A importância da educação prisional no Brasil

Enviada em 29/08/2022

O direito à eduçação é inerente às pessoas privadas de liberdade. Todavia, não é isso que vemos na realidade de nosso país. A população carcerária do Brasil só é menor que a da Tailândia e a da Índia. Apesar disso, pouco menos de cem mil dos mais de setecentos mil presos em nosso território têm acesso à atividades educativas dentro das prisões. E isso fica mais grave ainda, se considerarmos que do contingente total citado, 7 em cada 10 indivíduos sequer concluíram o ensino fundamental. Fica evidente, a partir disso, que existe um problema que deve ser combatido.

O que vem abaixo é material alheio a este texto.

-- ===== src/Relay/Heartbeats.antt =====
-- heartbeat_coalescer.go. `writes` lists the servers whose last_seen_at was written, newest first.
use veyport.Base.{
  ℕ, ◌≡◌, ◌≢◌, refl, Bool, true, false, ◌&&◌, not, Option, none, some, List, [], ◌∷◌, ◌++◌, map,
  arith, if◌then◌else◌, find, select, count_where, ◌⊎◌, inl, inr, Bool-cases, Option-cases, ap, ◌∙◌,
  suc,
}
use veyport.Base.Int.{ltb_ℤ}
use veyport.Base.Text.{Text}
use veyport.Base.Time.{Instant, Duration, sub}
use veyport.Relay.Keys.{eq_text, eq_text_iff}

pub record HeartbeatCoalescer : Type 0 where
  pub interval : Duration
  pub last_written : List (Text × Instant)
  pub writes : List Text

unfoldable pub new : Duration → HeartbeatCoalescer
new interval = record { interval = interval; last_written = []; writes = [] }

abbrev pub for_server : Text → Text × Instant → Bool
for_server s (t, at) = eq_text t s

unfoldable pub drop_server : Text → List (Text × Instant) → List (Text × Instant)
drop_server s entries = select (λ e. not (for_server s e)) entries

-- lastWritten[s] = now, and the write to the database.
unfoldable pub write : Text → Instant → HeartbeatCoalescer → HeartbeatCoalescer
write s now hc = record hc {
  last_written = (s, now) ∷ drop_server s hc.last_written;
  writes = s ∷ hc.writes;
}

record_found :
    Text → Instant → Option (Text × Instant) → HeartbeatCoalescer → Bool × HeartbeatCoalescer
record_found s now none hc = (true, write s now hc)
record_found s now (some (t, last)) hc =
    if ltb_ℤ (sub now last) hc.interval then (false, hc) else (true, write s now hc)

unfoldable pub record_heartbeat : Text → Instant → HeartbeatCoalescer → Bool × HeartbeatCoalescer
unfolding record_found
record_heartbeat s now hc = record_found s now (find (for_server s) hc.last_written) hc

unfoldable pub force_write : Text → Instant → HeartbeatCoalescer → HeartbeatCoalescer
force_write s now hc = write s now hc

unfoldable pub flush : Text → HeartbeatCoalescer → HeartbeatCoalescer
flush s hc = record hc { last_written = drop_server s hc.last_written; writes = s ∷ hc.writes }

abbrev pub servers : List (Text × Instant) → List Text
servers entries = map (λ e. e.0) entries

unfoldable pub flush_all : HeartbeatCoalescer → HeartbeatCoalescer
flush_all hc = record hc { last_written = []; writes = servers hc.last_written ++ hc.writes }

pub data Op : Type 0 where
  beat force : Text → Instant → Op
  drop : Text → Op

unfoldable pub apply : Op → HeartbeatCoalescer → HeartbeatCoalescer
apply (beat s now) hc = (record_heartbeat s now hc).1
apply (force s now) hc = force_write s now hc
apply (drop s) hc = flush s hc

unfoldable pub run : List Op → HeartbeatCoalescer → HeartbeatCoalescer
run [] hc = hc
run (op ∷ ops) hc = run ops (apply op hc)

-- Heartbeats of the server within the interval after `start`, and anything for other servers.
unfoldable pub is_within : Text → Instant → Duration → Op → Bool
is_within s start interval (beat t now) =
    if eq_text t s then ltb_ℤ (sub now start) interval else true
is_within s start interval (force t now) = not (eq_text t s)
is_within s start interval (drop t) = not (eq_text t s)

unfoldable pub all_within : Text → Instant → Duration → List Op → Bool
all_within s start interval [] = true
all_within s start interval (op ∷ ops) =
    is_within s start interval op && all_within s start interval ops

unfoldable pub writes_of : Text → HeartbeatCoalescer → ℕ
writes_of s hc = count_where (λ t. eq_text t s) hc.writes

find-drop_server :
    (s t : Text) (entries : List (Text × Instant))
    → t ≢ s
    → find (for_server s) (drop_server t entries) ≡ find (for_server s) entries
unfolding drop_server find select
find-drop_server s t [] d = refl
find-drop_server s t ((u, at) ∷ entries) d =
    ground (arith, find-drop_server s t entries, eq_text_iff u s, eq_text_iff u t)

find-write :
    (s t : Text) (now : Instant) (hc : HeartbeatCoalescer)
    → t ≢ s
    → find (for_server s) (write t now hc).last_written ≡ find (for_server s) hc.last_written
unfolding write find
find-write s t now hc d = ground (arith, find-drop_server s t hc.last_written, eq_text_iff t s)

-- A beat writes or changes nothing.
record_heartbeat-states :
    (s : Text) (now : Instant) (hc : HeartbeatCoalescer)
    → (record_heartbeat s now hc ≡ (true, write s now hc))
      ⊎ (record_heartbeat s now hc ≡ (false, hc))
unfolding record_heartbeat
record_heartbeat-states s now hc = elim (Option-cases (find (for_server s) hc.last_written)) [
  | inl none_yet ↦ inl (rw none_yet refl)
  | inr ((t, last), e) ↦ elim (Bool-cases (ltb_ℤ (sub now last) hc.interval)) [
    | inl soon ↦ inr (rw (e, soon) refl)
    | inr late ↦ inl (rw (e, late) refl)
  ]
]

record_heartbeat-soon :
    (s : Text) (start now : Instant) (hc : HeartbeatCoalescer)
    → find (for_server s) hc.last_written ≡ some (s, start)
    → ltb_ℤ (sub now start) hc.interval ≡ true
    → record_heartbeat s now hc ≡ (false, hc)
unfolding record_heartbeat
record_heartbeat-soon s start now hc f soon = rw (f, soon) refl

writes_of-write :
    (s t : Text) (now : Instant) (hc : HeartbeatCoalescer)
    → t ≢ s
    → writes_of s (write t now hc) ≡ writes_of s hc
unfolding writes_of write count_where
writes_of-write s t now hc d = ground (arith, eq_text_iff t s)

-- One operation within the interval of the server's last write.
apply-within :
    (s : Text) (start : Instant) (op : Op) (hc : HeartbeatCoalescer)
    → find (for_server s) hc.last_written ≡ some (s, start)
    → is_within s start hc.interval op ≡ true
    → (find (for_server s) (apply op hc).last_written ≡ some (s, start))
      × ((writes_of s (apply op hc) ≡ writes_of s hc) × ((apply op hc).interval ≡ hc.interval))
unfolding apply is_within force_write flush writes_of write count_where
apply-within s start (beat t now) hc f w = elim (Bool-cases (eq_text t s)) [
  | inl same ↦
      let soon : record_heartbeat s now hc ≡ (false, hc) =
        record_heartbeat-soon s start now hc f (ground arith) in
      let t_is : t ≡ s = ground (arith, eq_text_iff t s) in
      let e : (record_heartbeat t now hc).1 ≡ hc =
        ap (λ u. (record_heartbeat u now hc).1) t_is ∙ ap (λ r. r.1) soon in
      (rw (apply, e) f, (rw (apply, e) refl, rw (apply, e) refl))
  | inr different ↦
      let other : t ≢ s = λ e. ground (arith, eq_text_iff t s) in
      elim (record_heartbeat-states t now hc) [
        | inr e ↦ (rw (apply, e) f, (rw (apply, e) refl, rw (apply, e) refl))
        | inl e ↦ (
          rw (apply, e) (find-write s t now hc other ∙ f),
          (rw (apply, e) (writes_of-write s t now hc other), rw (apply, e) refl),
        )
      ]
]
apply-within s start (force t now) hc f w =
    let other : t ≢ s = λ e. ground (arith, eq_text_iff t s) in
    (find-write s t now hc other ∙ f, (ground (arith, eq_text_iff t s), refl))
apply-within s start (drop t) hc f w =
    let other : t ≢ s = λ e. ground (arith, eq_text_iff t s) in
    (find-drop_server s t hc.last_written other ∙ f, (ground (arith, eq_text_iff t s), refl))

run-within :
    (s : Text) (start : Instant) (ops : List Op) (hc : HeartbeatCoalescer)
    → find (for_server s) hc.last_written ≡ some (s, start)
    → all_within s start hc.interval ops ≡ true
    → writes_of s (run ops hc) ≡ writes_of s hc
unfolding run all_within
run-within s start [] hc f w = refl
run-within s start (op ∷ ops) hc f w =
    let (f', (same, interval)) = apply-within s start op hc f (ground arith) in
    run-within s start ops (apply op hc) f' (rw interval (ground arith)) ∙ same

find-own :
    (s : Text) (now : Instant) (hc : HeartbeatCoalescer)
    → find (for_server s) (write s now hc).last_written ≡ some (s, now)
unfolding write find
find-own s now hc = ground (arith, eq_text_iff s s)

writes_of-own :
    (s : Text) (now : Instant) (hc : HeartbeatCoalescer)
    → writes_of s (write s now hc) ≡ suc (writes_of s hc)
unfolding writes_of write count_where
writes_of-own s now hc = ground (arith, eq_text_iff s s)

-- Coalescing: after a heartbeat that was written, any sequence of heartbeats of that server that come
-- less than the interval after it, and of any operations for other servers, writes nothing more for
-- the server: its writes grow by exactly that one.
pub record_heartbeat-run :
    (s : Text) (start : Instant) (ops : List Op) (hc : HeartbeatCoalescer)
    → (record_heartbeat s start hc).0 ≡ true
    → all_within s start hc.interval ops ≡ true
    → writes_of s (run ops (record_heartbeat s start hc).1) ≡ suc (writes_of s hc)
unfolding write
record_heartbeat-run s start ops hc wrote w = elim (record_heartbeat-states s start hc) [
  | inr e ↦ ground arith
  | inl e ↦
      rw e (
        run-within s start ops (write s start hc) (find-own s start hc) w
        ∙ writes_of-own s start hc)
]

É válido destacar, antes de tudo, que uma das causas desse problema é a falta de incentivo do governo, que negligencia seu papel, não dando a devida atenção ao tema em questão. A insuficiência de leis que garantam a existência de áreas específicas dentro das cadeias, idealmente ambientadas, como escolas e bibliotecas, de iniciativas de parceria com institutos de educação e de uma abordagem específica para aflorar a criatividade e competência intelectual dos carcerários é crucial para a manutenção desse cenário negativo.

Além disso, é importante ressaltar que uma outra motivação para a baixa taxa de alunos detentos é a pouca consciêntização da sociedade no geral. Faltam programas que incentivem e lapidem profissionais da educação a trabalharem com esse grupo marginalizado. Da mesma forma, não é suficiente o esforço da mídia em gerar debates, com a presença de influenciadores, psicológos e pesquisadores, que levem a população à discutir o tema, à entender que os presos também possuem direitos e à cobrar as autoridades que eles sejam cumpridos.

Todavia, embora pareça utópico, é possível obter soluções para o problema da negligência com a educação carcerária no Brasil. Para isso, cabe ao legislativo criar leis que assegurem o acesso do preso ao conhecimento dentro das cadeias, assim como ao executivo, fiscalizar, garantindo que elas sejam cumpridas. Ademais, o governo deve estabelecer parcerias com instituições, públicas ou privadas, de profissionalização, visando permitir ao indivíduo obter uma profissão para a vida pós cárcere privado. Por último, a mídia precisa investir em propaganda e discussões que despertem a população ao assunto, entendendo a importância dele e o papel dela como fiscalizadora. Somente assim, os presos poderão ter a esperança da ressocialização que lhes é prometida.